▶ Problem statement: In the data below, the answer is the run of lines from the line containing "pub app : ℕ" through the line containing "remove k [] = []", both included; print it exactly and nothing else.

--- Data for the task Enclosed Below ---

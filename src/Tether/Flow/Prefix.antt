-- ===== src/Tether/Flow/Prefix.antt =====
-- bridges/tetheroffload/FlowParser.cpp: `contains`, whether an address lies under a prefix that is
-- given as text. `inet_pton` is a parameter: what it writes for a family and a text, if it succeeds.
use android_device_ikko_mind.Common.{
  ℕ, zero, suc, ◌+◌, ◌-◌, ◌*◌, ◌/◌, ◌%◌, ◌^◌, Bool, true, false, ◌||◌, Option, none, some, [], ◌∷◌,
  ltb, ◌==◌, if◌then◌else◌, get_or, bit_and, bit_xor,
}
use android_device_ikko_mind.Tether.Flow.{Bytes, af_inet, widen}

-- The text before and behind the first `/`.
unfoldable pub split_slash : Bytes → Option (Bytes × Bytes)
split_slash [] = none
split_slash (c ∷ rest) =
    if c == b'/'
    then some ([], rest)
    else elim (split_slash rest) [ none ↦ none | some (a, b) ↦ some (c ∷ a, b) ]

unfoldable pub prefix_bits : ℕ → Bytes → Option ℕ
prefix_bits bits [] = some bits
prefix_bits bits (c ∷ rest) =
    let more = prefix_bits (bits * 10 + c - b'0') rest in
    if ltb c b'0' || ltb b'9' c || ltb 128 bits then none else more

-- `(ip[i / 8] ^ network[i / 8]) & (128 >> (i % 8))` is 0.
unfoldable pub same_bit : Bytes → Bytes → ℕ → Bool
same_bit ip network i =
    bit_and (bit_xor (get_or ip (i / 8) 0) (get_or network (i / 8) 0)) (128 / 2 ^ (i % 8)) == 0

-- The loop over `i`, which stops at the first bit that differs.
unfoldable pub same_bits : ℕ → ℕ → Bytes → Bytes → Bool
unfolding same_bit
same_bits i zero ip network = true
same_bits i (suc n) ip network =
    let rest = same_bits (i + 1) n ip network in if same_bit ip network i then rest else false

width : ℕ → ℕ
width family = if family == af_inet then 32 else 128

module _ (inet_pton : ℕ → Bytes → Option Bytes) where
  under : ℕ → Bytes → Option Bytes → Option ℕ → Bool
  unfolding width
  under family ip none bits = false
  under family ip (some network) none = false
  under family ip (some network) (some bits) =
      if ltb (width family) bits then false else same_bits 0 bits ip (widen network)

  halves : ℕ → Bytes → Option (Bytes × Bytes) → Bool
  unfolding under
  halves family ip none = false
  halves family ip (some (network, mask)) =
      under family ip (inet_pton family network) (prefix_bits 0 mask)

  unfoldable pub contains : Bytes → ℕ → Bytes → Bool
  unfolding halves
  contains prefix family ip = halves family ip (split_slash prefix)
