-- ===== src/Tether/Checks.antt =====
-- bridges/tetheroffload/MddpBackend.cpp: what the binder methods accept as an interface name, an address
-- and a prefix.
use android_device_ikko_mind.Common.{
  ℕ, ◌+◌, ◌-◌, ◌*◌, Bool, true, false, not, ◌&&◌, ◌||◌, Option, none, some, [], ◌∷◌, ltb, leb, ◌==◌,
  length, is_empty, drop,
}
use android_device_ikko_mind.Tether.Flow.{Bytes, af_inet, af_inet6}
use android_device_ikko_mind.Tether.Flow.Prefix.{split_slash}

abbrev pub all_of : (ℕ → Bool) → Bytes → Bool
all_of p [] = true
all_of p (c ∷ rest) = p c && all_of p rest

abbrev pub is_digit : ℕ → Bool
is_digit c = leb b'0' c && leb c b'9'

-- The characters that `find_first_not_of` lets pass in a name.
abbrev pub is_name_char : ℕ → Bool
is_name_char c =
    (leb b'a' c && leb c b'z')
    || (leb b'A' c && leb c b'Z')
    || is_digit c
    || c == b'_'
    || c == b'-'
    || c == b'.'
    || c == b':'

-- IFNAMSIZ is 16.
abbrev pub ifnamsiz : ℕ
ifnamsiz = 16

unfoldable pub name : Bytes → Bool
name s = not (is_empty s) && ltb (length s) ifnamsiz && all_of is_name_char s

is_some : Option Bytes → Bool
is_some none = false
is_some (some v) = true

-- The value of a decimal mask of at most three digits.
decimal : ℕ → Bytes → ℕ
decimal bits [] = bits
decimal bits (c ∷ rest) = decimal (bits * 10 + c - b'0') rest

module _ (inet_pton : ℕ → Bytes → Option Bytes) where
  unfoldable pub address : Bytes → ℕ → Bool
  unfolding is_some
  address s family = all_of (λ c. not (c == 0)) s && is_some (inet_pton family s)

  mask_ok : Bytes → Bytes → Bool
  unfolding decimal address
  mask_ok ip mask =
      let bits = decimal 0 mask in
      not (is_empty mask)
      && leb (length mask) 3
      && all_of is_digit mask
      && ((address ip af_inet && leb bits 32) || (address ip af_inet6 && leb bits 128))

  halves_ok : Option (Bytes × Bytes) → Bool
  unfolding mask_ok
  halves_ok none = false
  halves_ok (some (ip, mask)) = mask_ok ip mask

  unfoldable pub prefix : Bytes → Bool
  unfolding halves_ok split_slash
  prefix s = halves_ok (split_slash s)

starts_with : Bytes → Bytes → Bool
starts_with [] s = true
starts_with (c ∷ p) [] = false
starts_with (c ∷ p) (d ∷ s) = c == d && starts_with p s

-- An interface of the modem: "ccmni" and at least one digit, digits only.
unfoldable pub is_modem_interface : Bytes → Bool
unfolding starts_with
is_modem_interface s =
    starts_with (b'c' ∷ b'c' ∷ b'm' ∷ b'n' ∷ b'i' ∷ []) s
    && not (length s == 5)
    && all_of is_digit (drop 5 s)

-- "ap" at the front.
unfoldable pub is_ap_interface : Bytes → Bool
unfolding starts_with
is_ap_interface s = starts_with (b'a' ∷ b'p' ∷ []) s
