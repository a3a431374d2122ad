-- ===== src/Tether/Backend.antt =====
-- bridges/tetheroffload/MddpBackend.cpp: the state of the offload backend and the operations on which
-- the others are built. Every operation runs under `mLock`. System calls, the answer of `neighbor`
-- and `inet_pton` are the parameter `Host`; texts are the lists of their bytes.
pub mod Control
pub mod Flows
use android_device_ikko_mind.Common.{
  ℕ, zero, suc, ◌+◌, ◌-◌, ◌*◌, ◌/◌, ◌%◌, ◌^◌, ◌≤◌, ◌<◌, ◌≡◌, Bool, true, false, not, ◌&&◌, ◌||◌,
  Option, none, some, List, [], ◌∷◌, ◌++◌, ltb, leb, ◌==◌, if◌then◌else◌, length, is_empty, take,
  drop, replicate, to_le, load_le, bytes_eq,
}
use android_device_ikko_mind.Tether.Flow.{Bytes, Flow, key, af_inet, af_inet6}

-- `Header` and the data; as written out, `data_` has 256 bytes.
pub record Packet : Type 0 where
  pub magic : ℕ
  pub version : ℕ
  pub app : ℕ
  pub msg : ℕ
  pub length_ : ℕ
  pub data_ : Bytes

-- What `read` returns: EINTR, EAGAIN, any other error, or the number of bytes with the packet that
-- they fill.
pub data Input : Type 0 where
  interrupted again broken : Input
  got : ℕ → Packet → Input

pub record Host (W : Type 0) : Type 0 where
  pub ioctl : Packet → W → Option Packet × W  -- repeated while interrupted; none if it fails
  pub read : W → Input × W
  pub rounds : W → ℕ × W  -- the rounds of the wait in `control` that begin within its 5 s
  pub method_line : W → Option Bytes × W  -- the first line of mddp_method
  pub sysctl_number : ℕ → W → Option ℕ × W  -- the number in the n-th sysctl file
  pub neighbor : Flow → Bytes → W → Option Bytes × W
  pub inet_pton : ℕ → Bytes → Option Bytes

pub record Notice : Type 0 where
  pub generation : ℕ
  pub event : ℕ
  pub payload : Bytes

pub record Stats : Type 0 where
  pub rx_bytes : ℕ
  pub tx_bytes : ℕ

-- The members. `mDownstreams` is the list of its pairs, `mStats` and `mFlows` are association lists.
-- `woken` says that the eventfd was written.
pub record Backend (W : Type 0) : Type 0 where
  pub world : W
  pub notices : List Notice
  pub stats : List (Bytes × Stats)
  pub flows : List (Bytes × Flow)
  pub v4 : Bool
  pub v6 : Bool
  pub quota : Bool
  pub warned : Bool
  pub v4_address : Bytes
  pub woken : Bool
  pub reader_failed : Bool
  pub initialized : Bool
  pub active : Bool
  pub generation : ℕ
  pub upstream : Bytes
  pub downstream : Bytes
  pub downstreams : List (Bytes × Bytes)
  pub prefixes : List Bytes
  pub callback : Option ℕ

abbrev pub int64_max : ℕ
int64_max = 2 ^ 63 - 1

abbrev pub packet_magic : ℕ
packet_magic = 0x2454

-- Association lists.
module _ {ℓ} {V : Type ℓ} where
  unfoldable pub find : Bytes → List (Bytes × V) → Option V
  find k [] = none
  find k ((j, v) ∷ rest) = if bytes_eq j k then some v else find k rest

  unfoldable pub remove : Bytes → List (Bytes × V) → List (Bytes × V)
  remove k [] = []
  remove k ((j, v) ∷ rest) = if bytes_eq j k then remove k rest else (j, v) ∷ remove k rest

  pub put : Bytes → V → List (Bytes × V) → List (Bytes × V)
  put k v m = (k, v) ∷ remove k m

unfoldable pub wake : {W : Type 0} → Backend W → Backend W
wake b = record b { woken = true }

unfoldable pub poison : {W : Type 0} → Backend W → Backend W
poison b = wake (record b { reader_failed = true })

unfoldable pub notice : {W : Type 0} → ℕ → Bytes → Backend W → Backend W
notice event payload b =
    if leb 1024 (length b.notices)
    then poison b
    else let n : Notice = record { generation = b.generation; event = event; payload = payload } in
      wake (record b { notices = b.notices ++ n ∷ [] })

-- A number added to a count, held at the largest int64_t.
pub saturate : ℕ → ℕ → ℕ
saturate current delta = if ltb (int64_max - current) delta then int64_max else current + delta

is_reply : ℕ → ℕ → Packet → Bool
is_reply app msg p =
    p.magic == packet_magic && p.version == 0 && p.app == app && p.msg == msg && p.length_ == 128

-- What `request` makes of a successful `ioctl`; only message 4 has an answer to check.
answer : ℕ → ℕ → Option Packet → Option Bytes
answer app msg none = none
answer app msg (some p) =
    if msg == 4 then if is_reply app msg p then some (take 128 p.data_) else none else some []

unfoldable pub or_zero : Option Stats → Stats
or_zero none = record { rx_bytes = 0; tx_bytes = 0 }
or_zero (some s) = s

or_mac : Bytes → Option Bytes → Bytes
or_mac mac none = mac
or_mac mac (some found) = found

pub is_found : Option Bytes → Bool
is_found none = false
is_found (some m) = true

-- The body of an injection: addresses, ports, protocol, hardware address and timeout at their places.
pub flow_packet : Flow → Bytes → Bytes
flow_packet f mac =
    if f.family == af_inet
    then take 4 f.src
      ++ (take 4 f.dst
          ++ (take 4 f.public
              ++ (to_le 2 f.sport
                  ++ (to_le 2 f.dport
                      ++ (to_le 2 f.public_port
                          ++ (f.proto % 256
                              ∷ (take 6 mac ++ (replicate 7 0 ++ to_le 4 f.timeout))))))))
    else take 16 f.src
      ++ (take 16 f.dst
          ++ (to_le 2 f.sport
              ++ (to_le 2 f.dport
                  ++ (f.proto % 256 ∷ (take 6 mac ++ (replicate 5 0 ++ to_le 4 f.timeout))))))

module _ {W : Type 0} (host : Host W) where
  -- `none` is the result `false`; the bytes are what is copied back to the caller.
  unfoldable pub request : ℕ → ℕ → Bytes → Backend W → Option Bytes × Backend W
  unfolding answer is_reply
  request app msg body b =
      let packet : Packet = record {
        magic = packet_magic;
        version = 2;
        app = app;
        msg = msg;
        length_ = length body;
        data_ = take 256 (body ++ replicate 256 0);
      } in
      let (reply, w) = host.ioctl packet b.world in
      if ltb 256 (length body) then (none, b) else (answer app msg reply, record b { world = w })

  add_stats : Bytes → Option Bytes → Backend W → Bool × Backend W
  add_stats iface none b = (false, b)
  add_stats iface (some bytes) b =
      let old = or_zero (find iface b.stats) in
      let new : Stats = record {
        tx_bytes = saturate old.tx_bytes (load_le 0 8 bytes);
        rx_bytes = saturate old.rx_bytes (load_le 64 8 bytes);
      } in
      (true, record b { stats = put iface new b.stats })

  pub drain : Backend W → Bool × Backend W
  drain b =
      let (bytes, b') = request 255 4 [] b in
      if is_empty b.upstream then (true, b) else add_stats b.upstream bytes b'

  -- An injected flow is remembered with its hardware address; a destroyed one is forgotten by callers.
  settle : Flow → Bool → Bytes → Option Bytes × Backend W → Bool × Backend W
  settle f destroy mac (none, b) = (false, b)
  settle f destroy mac (some bytes, b) = (
    true,
    if destroy then b else record b { flows = put (key f) (record f { mac = mac }) b.flows },
  )

  pub inject : Flow → Bool → Bytes → Backend W → Bool × Backend W
  inject f destroy downstream b =
      let (found, w) = host.neighbor f downstream b.world in
      let mac : Bytes = if destroy then f.mac else or_mac f.mac found in
      let asked : Backend W = if destroy then b else record b { world = w } in
      let base : ℕ = if f.family == af_inet then 8 else 10 in
      let msg : ℕ = if destroy then base + 1 else base in
      if not destroy && not (is_found found)
      then (true, asked)
      else settle f destroy mac (request 255 msg (flow_packet f mac) asked)

  -- The loop stops at the first injection that fails, and then forgets no flow.
  flush_loop : List (Bytes × Flow) → Backend W → Bool × Backend W
  flush_loop [] b = (true, record b { flows = [] })
  flush_loop ((k, f) ∷ rest) b =
      let (ok, b') = inject f true b.downstream b in
      let more = flush_loop rest b' in if ok then more else (false, b')

  pub flush_flows : Backend W → Bool × Backend W
  flush_flows b = flush_loop b.flows b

--- End of Enclosed Data for the task ---

▶ Solution to the problem:
  pub app : ℕ
  pub msg : ℕ
  pub length_ : ℕ
  pub data_ : Bytes

-- What `read` returns: EINTR, EAGAIN, any other error, or the number of bytes with the packet that
-- they fill.
pub data Input : Type 0 where
  interrupted again broken : Input
  got : ℕ → Packet → Input

pub record Host (W : Type 0) : Type 0 where
  pub ioctl : Packet → W → Option Packet × W  -- repeated while interrupted; none if it fails
  pub read : W → Input × W
  pub rounds : W → ℕ × W  -- the rounds of the wait in `control` that begin within its 5 s
  pub method_line : W → Option Bytes × W  -- the first line of mddp_method
  pub sysctl_number : ℕ → W → Option ℕ × W  -- the number in the n-th sysctl file
  pub neighbor : Flow → Bytes → W → Option Bytes × W
  pub inet_pton : ℕ → Bytes → Option Bytes

pub record Notice : Type 0 where
  pub generation : ℕ
  pub event : ℕ
  pub payload : Bytes

pub record Stats : Type 0 where
  pub rx_bytes : ℕ
  pub tx_bytes : ℕ

-- The members. `mDownstreams` is the list of its pairs, `mStats` and `mFlows` are association lists.
-- `woken` says that the eventfd was written.
pub record Backend (W : Type 0) : Type 0 where
  pub world : W
  pub notices : List Notice
  pub stats : List (Bytes × Stats)
  pub flows : List (Bytes × Flow)
  pub v4 : Bool
  pub v6 : Bool
  pub quota : Bool
  pub warned : Bool
  pub v4_address : Bytes
  pub woken : Bool
  pub reader_failed : Bool
  pub initialized : Bool
  pub active : Bool
  pub generation : ℕ
  pub upstream : Bytes
  pub downstream : Bytes
  pub downstreams : List (Bytes × Bytes)
  pub prefixes : List Bytes
  pub callback : Option ℕ

abbrev pub int64_max : ℕ
int64_max = 2 ^ 63 - 1

abbrev pub packet_magic : ℕ
packet_magic = 0x2454

-- Association lists.
module _ {ℓ} {V : Type ℓ} where
  unfoldable pub find : Bytes → List (Bytes × V) → Option V
  find k [] = none
  find k ((j, v) ∷ rest) = if bytes_eq j k then some v else find k rest

  unfoldable pub remove : Bytes → List (Bytes × V) → List (Bytes × V)
  remove k [] = []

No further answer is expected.